6 Responses to Is One Deck Board Going to Be Cooler Than Another?

  1. Robert Marston says:

    We have an existing pressure treated wood deck. It is exposed to full sun all day. It is at least 10 years old, possibly 15. We have pressure washed and applied Thompsons water protector 3 times in 9 years. We are considering replacing the railing with some sort of lower maintenance composite or PVC or vinyl type. Can we use the 2 types together keeping our deck floor as is and just replace the railing and a few non deck supporting posts? We live in southern Indiana 20 miles north of Louisville Ky.

    • Hi Robert,

      While it is not that common in my area to do a railing replacement only (most people bite the bullet and replace the decking as well), you certainly can just do the railings. In fact, we are going to be replacing an all PT deck with vinyl rails (Wolf) and new PT decking in a few weeks for a client. The deck is in bad shape, they are looking to sell in a few years and didn’t want to sink too much money into the house but had to do something.

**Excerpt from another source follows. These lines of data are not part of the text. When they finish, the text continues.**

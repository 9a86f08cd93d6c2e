-- ===== src/Lock/Tests.antt =====
-- The theorems about locks at concrete inputs.
use deespec.Base.{
  inl, ◌⊎◌, ok, ◌≡◌, refl, inr, Bool, true, false, ◌&&◌, some, none, List, [], ◌∷◌, arith, ℕ, ◌==◌,
  not,
}
use deespec.Base.Dict.{lookup}
use deespec.Lock.StateLock.{LockType, StateLock, state_lock_of}
use deespec.Lock.StateTable.{StateLocks, acquire_state, heartbeats}
use deespec.Lock.States.{Acquires, acquire_state-Acquires, heartbeats_renew_nothing}
use deespec.Lock.Heartbeats.{
  Heartbeat, Heartbeats, is_cancelled, start_heartbeat, stop_heartbeat, stop_all, fails, give_up,
  HeartbeatSteps, no_heartbeats, Among,
}
use deespec.Lock.Heartbeats
use deespec.Lock.Beating.{heartbeats_end}
use deespec.Lock.Service.{LockService, acquire_state_lock}
use deespec.Lock.Held.{Granted, acquire_state_lock-Granted}
use deespec.Lock.RunLock.{RunLock}
use deespec.Lock.Acquire.{Call}
use deespec.Lock.Race.{race, at_start, Rivals, has_lock, race_excludes}

abbrev first_call : Call
first_call = record { pid = 11; hostname = "a"; now = 100; inserts_at = 103 }

abbrev second_call : Call
second_call = record { pid = 12; hostname = "a"; now = 101; inserts_at = 102 }

-- The row of a process that is gone.
abbrev left_over : RunLock
left_over = record { pid = 7; hostname = "a"; acquired_at = 5; expires_at = 605; heartbeat_at = 5 }

abbrev running : ℕ → Bool
running pid = not (pid == 7)

-- Both find the old row; the first deletes it, the second inserts its own.
abbrev schedule : List Bool
schedule = true ∷ false ∷ true ∷ false ∷ false ∷ false ∷ true ∷ []

calls-Rivals : Rivals running 600 first_call second_call
calls-Rivals = record {
  different = omega arith;
  first_runs = refl;
  second_runs = refl;
  first_ordered = omega arith;
  second_ordered = omega arith;
  first_early = omega arith;
  second_early = omega arith;
}

race_excludes_example :
    has_lock (race running 600 first_call second_call schedule (at_start (some left_over))).first
      && has_lock
          (race running 600 first_call second_call schedule (at_start (some left_over))).second
    ≡ false
race_excludes_example =
    race_excludes running 600 first_call second_call schedule (some left_over) calls-Rivals
      (inr (inr (omega arith)))

abbrev all_run : ℕ → Bool
all_run pid = true

abbrev reader : StateLock
reader = state_lock_of 7 "host" LockType.read 60 100

abbrev state_table : StateLocks
state_table = ("sbi/SBI-1", reader) ∷ []

abbrev second_reader : Call
second_reader = record { pid = 8; hostname = "host"; now = 120; inserts_at = 121 }

abbrev late_writer : Call
late_writer = record { pid = 8; hostname = "host"; now = 170; inserts_at = 171 }

acquire_state-Acquires_example :
    Acquires all_run 60 second_reader LockType.read "sbi/SBI-1" state_table
      (acquire_state all_run 60 second_reader LockType.read "sbi/SBI-1" state_table)
acquire_state-Acquires_example =
    acquire_state-Acquires all_run 60 second_reader LockType.read "sbi/SBI-1" state_table

-- A second reader is refused.
readers_exclude :
    (acquire_state all_run 60 second_reader LockType.read "sbi/SBI-1" state_table).0 ≡ ok none
unfolding acquire_state
readers_exclude = refl

state_table_row : lookup "sbi/SBI-1" state_table ≡ some reader
unfolding lookup
state_table_row = refl

heartbeats_renew_nothing_example :
    (acquire_state all_run 60 late_writer LockType.write "sbi/SBI-1"
      (heartbeats "sbi/SBI-1" (130 ∷ 160 ∷ []) state_table)).0
    ≡ ok (some (state_lock_of 8 "host" LockType.write 60 171))
heartbeats_renew_nothing_example =
    heartbeats_renew_nothing all_run 60 late_writer "sbi/SBI-1" (130 ∷ 160 ∷ []) state_table reader
      state_table_row refl (omega arith)

abbrev one_beat : Heartbeats
one_beat = start_heartbeat "SBI-1" no_heartbeats

one_beat_steps : HeartbeatSteps no_heartbeats one_beat
one_beat_steps = Heartbeats.next Heartbeats.here (Heartbeats.acquired "SBI-1" no_heartbeats)

abbrev first_beat : Heartbeat
first_beat = record { context = 0; lock_id = "SBI-1"; failing = false }

first_live : Among first_beat one_beat.live
unfolding start_heartbeat
first_live = inl refl

heartbeats_end_example :
    ((is_cancelled one_beat 0 ≡ true) ⊎ (lookup "SBI-1" one_beat.cancels ≡ some 0))
    × (is_cancelled (stop_heartbeat "SBI-1" one_beat) 0 ≡ true)
    × ((one_beat.stopped_once ≡ true) ⊎ (is_cancelled (stop_all one_beat) 0 ≡ true))
heartbeats_end_example = heartbeats_end one_beat first_beat one_beat_steps first_live

abbrev old_beat : Heartbeat
old_beat = record { context = 0; lock_id = "SBI-1"; failing = true }

-- The heartbeat of context 0 fails after a release; before it gives up the lock is acquired anew, with
-- context 1, which the old goroutine then cancels.
abbrev reacquired : Heartbeats
unfolding stop_heartbeat start_heartbeat fails
reacquired =
    let ended = stop_heartbeat "SBI-1" one_beat in
    start_heartbeat "SBI-1" (record ended { live = fails 0 ended.live })

new_beat_lost : is_cancelled (give_up old_beat reacquired) 1 ≡ true
unfolding give_up reacquired stop_heartbeat start_heartbeat fails
new_beat_lost = refl

abbrev idle : LockService
idle = record { table = state_table; heartbeats = no_heartbeats }

acquire_state_lock-Granted_example :
    Granted "sbi/SBI-2" idle
      (acquire_state_lock all_run 60 second_reader LockType.write "sbi/SBI-2" idle)
acquire_state_lock-Granted_example =
    acquire_state_lock-Granted all_run 60 second_reader LockType.write "sbi/SBI-2" idle
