-- ===== src/Model.antt =====
-- Tasks and their values, internal/domain/model.
pub mod Status
pub mod Value
pub mod Task
pub mod Sbi
pub mod Epic
pub mod Moves
pub mod Children
mod Tests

      Realistically, maintaining wood railings is the most difficult part of wood deck maintenance, so if you can only do one thing, replacing the rails makes sense.

  2. Randy Ford says:

    Greg – aim having my Timberteck XLM deck replaced under warranty due to chalking. I am replacing with Earthwoods Evolutions. I suspect that XLM has issues with UV rays. Anyway, do I need to leave a gap between butt joints. I was thinking the Evolutions may be less prone to expansion and contraction. What is your recomendation?

    • We have replaced just about 90% of the XLM decks we built in the past under warranty with TimberTech. I have been recommending that clients switch to the Earthwood Evolutions to get away from the issues that PVC presents.

      As far as gapping goes, you will need to gap it according to TimberTech’s specs. IIRC, it’s about the same if not the same gapping specs.

      • Randy Ford says:

        Thanks Greg – we will be useing Timberteck Earthwoods Evolutions. This is my second time replacing XLM.

      • Randy Ford says:

        Greg, should the cut ends be painted with end coating? Although hidden by picture framing it would seem as though the lighter color would show a little due to gap spacing. Thoughts?